Although the effort to obtain benefits mostly involved Medicaid, she explains, the hospital also was interested in helping patients qualify for veterans' benefits or the Colorado Indigent Care Program. More money to meet the patients' basic needs might mean an increased ability to be able to make some kind of payment to the hospital.
Counselors still screen
Even with the patient benefits coordinator in place, the hospital's financial counselors continue to screen all patients, and if those needing assistance appear ready and able to apply for it on their own, the coordinator isn't brought in, she says. (For more on the benefits coordinator function, see story, at right.)
"But if the financial counselor, the social worker, the nurse on the floor, or the physician feels the patient may not physically, mentally, or socially be able to follow up," the patient benefits coordinator gets the referral, Smith notes.
In some cases, she points out, he simply serves as a kind of back-up authority figure, reinforcing to an uncooperative patient the importance of applying for benefits. "Sometimes [the patients] just need to hear it from somebody else, and then all of sudden they say,'Maybe they are trying to help me, and are not just after the money.'"
The benefits coordinator files applications on behalf of patients who have transportation problems or are too sick to go themselves. "He will go to the Social Security office, sit and wait for papers. Patients have really, really liked that. Also, these [assistance personnel] get to put a name with a face, and they are very appreciative. They get to know him."
An earlier effort to have a DHS worker on-site at the hospital failed, she notes, because the government agency didn't have the staff to continue the service. "That really put [the burden] back on the hospital," Smith adds.
With his experience in the assistance arena, the benefits coordinator often can determine upfront that a patient will never cooperate in trying to get benefits or that the patient won't qualify for help, she says. "He gives us a heads-up that keeps us from going through the whole process and finding out they're over [the] income [cap] anyway."
Between August 1997, when the position began, and the end of May 1998, the benefits coordinator was given 141 referrals, representing $8,726,000 in charges, she says.
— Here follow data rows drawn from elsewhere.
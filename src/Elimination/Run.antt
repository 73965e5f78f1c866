-- ===== src/Elimination/Run.antt =====
-- RunJvElimination of src/cpu/jv_elimination.cpp: epochs of proposing, verifying and committing until
-- an epoch commits nothing or the rounds are used up.
use cuda_edge_elimination.Base.{
  ℕ, zero, suc, List, [], ◌∷◌, ◌++◌, Bool, true, false, not, ◌&&◌, ◌==◌, if◌then◌else◌, length, map,
}
use cuda_edge_elimination.Base.Int.{pos}
use cuda_edge_elimination.Base.Outcome.{Outcome, ok, err, Error, throw_if, ◌>>=◌, ◌>>◌}
use cuda_edge_elimination.Types.{Candidate, Edge, ProofRecord}
use cuda_edge_elimination.Distance.{FloatOps}
use cuda_edge_elimination.Graph.{GraphSnapshot, active_edge_count}
use cuda_edge_elimination.Graph.Hash.{content_hash}
use cuda_edge_elimination.Jv.{find_jv_candidates_cpu, verify_candidates}
use cuda_edge_elimination.Commit.{commit_verified_candidates, edge_of}
use cuda_edge_elimination.Elimination.{
  Backend, auto, cpu, cuda, EpochMetrics, EliminationResult, no_certificate,
}

-- The CUDA device behind FindJvCandidatesCuda and CudaBackendAvailable: whether there is one, and
-- what it proposes. It is untrusted: nothing is assumed of its answers.
pub record Device : Type 0 where
  pub available : Bool
  pub propose : GraphSnapshot → Outcome (List Candidate)

-- Whether the backend and the graph let the device be used.
unfoldable pub wants_cuda : Device → GraphSnapshot → Backend → Bool
wants_cuda device g cpu = false
wants_cuda device g auto = g.integer_coordinates && (g.integer_distance_safe && device.available)
wants_cuda device g cuda = g.integer_coordinates && (g.integer_distance_safe && device.available)

abbrev pub is_cuda : Backend → Bool
is_cuda cuda = true
is_cuda _ = false

unfoldable pub record_of : ℕ → ℕ → List Edge → Candidate → ProofRecord
record_of epoch hash es c =
    let e = edge_of es c in
    record {
      epoch = epoch;
      snapshot_hash = hash;
      edge_id = c.edge_id;
      u = pos e.u;
      v = pos e.v;
      witness = c.witness;
      method = c.method;
      certificate_index = no_certificate;
    }

pub record Epoch : Type 0 where
  pub graph : GraphSnapshot
  pub records : List ProofRecord
  pub metrics : EpochMetrics

module _ (fp : FloatOps) (device : Device) where
  -- One round of the loop.
  unfoldable pub run_epoch : Bool → GraphSnapshot → ℕ → Outcome Epoch
  unfolding record_of
  run_epoch use_cuda g epoch = do
    let hash = content_hash g
    proposed ← (if use_cuda then device.propose g else find_jv_candidates_cpu fp g)
    (verified, rejected) ← verify_candidates fp g proposed
    throw_if (use_cuda && not (rejected == 0)) Error.runtime_error
    (g', committed) ← commit_verified_candidates g verified hash
    ok (record {
      graph = g';
      records = map (record_of epoch hash g'.edges) committed;
      metrics = record {
        epoch = epoch;
        edges_before = active_edge_count g.edges;
        proposed = length proposed;
        verified = length verified;
        rejected = rejected;
        committed = length committed;
      };
    })

  abbrev pub extend : {P : Type 0} → EliminationResult P → Epoch → EliminationResult P
  extend result e = record result {
    proof = result.proof ++ e.records;
    epochs = result.epochs ++ e.metrics ∷ [];
  }

  -- The loop, with the graph that the caller is left with, also when an epoch throws.
  unfoldable pub run_rounds :
      {P : Type 0}
      → Bool
      → ℕ
      → ℕ
      → GraphSnapshot
      → EliminationResult P
      → GraphSnapshot × Outcome (EliminationResult P)
  unfolding run_epoch
  run_rounds use_cuda zero epoch g result = (g, ok result)
  run_rounds use_cuda (suc rounds) epoch g result = elim (run_epoch use_cuda g epoch) [
    | err e ↦ (g, err e)
    | ok e ↦
        let rest = run_rounds use_cuda rounds (suc epoch) e.graph (extend result e) in
        if e.metrics.committed == 0 then (e.graph, ok (extend result e)) else rest
  ]

  abbrev pub finish :
      {P : Type 0}
      → GraphSnapshot × Outcome (EliminationResult P)
      → GraphSnapshot × Outcome (EliminationResult P)
  finish (g, err e) = (g, err e)
  finish (g, ok result) = (g, ok (record result { final_hash = content_hash g }))

  -- The result before the first round.
  abbrev pub initial : {P : Type 0} → Bool → GraphSnapshot → EliminationResult P
  initial use_cuda g = record {
    backend = if use_cuda then "cuda" else "cpu";
    initial_hash = content_hash g;
    final_hash = 0;
    proof = [];
    ht_proofs = [];
    epochs = [];
  }

  unfoldable pub run_jv_elimination :
      (P : Type 0) → GraphSnapshot → Backend → ℕ → GraphSnapshot × Outcome (EliminationResult P)
  unfolding run_rounds wants_cuda
  run_jv_elimination P g backend max_rounds =
      let use_cuda = wants_cuda device g backend in
      if max_rounds == 0
      then (g, err Error.invalid_argument)
      else if is_cuda backend && not use_cuda
      then (g, err Error.runtime_error)
      else finish (run_rounds use_cuda max_rounds 0 g (initial use_cuda g))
Of those accounts, he has been able to get 78 patients on Medicaid so far, with actual reimbursement of $1.3 million, and 16 patients in the Colorado Indigent Care Program, with reimbursement of about $120,000.
Thirty-one of the accounts are pending Medicaid approval, six received help from other payment sources, and 10 patients either were uncooperative or didn't qualify, she adds. Of those 10, some were given internal assistance or bank financing, and others were classified as bad debt.
"Saving 26% of that dollar amount is certainly a benefit to the hospital, but it's also a great community service. We're trying to take the patient's wellness into consideration," Smith points out.
The program benefits the hospital and the patient, agrees Rucker. "A lot of times people worry about paying their bill, and that gets in the way of treatment. If we can help them have continuity of care inside the hospital and out of it, we can keep them from using the hospital as their only medical resource."
"It gives the hospital a human face on the financial side," he adds, "and it's a fun job for me."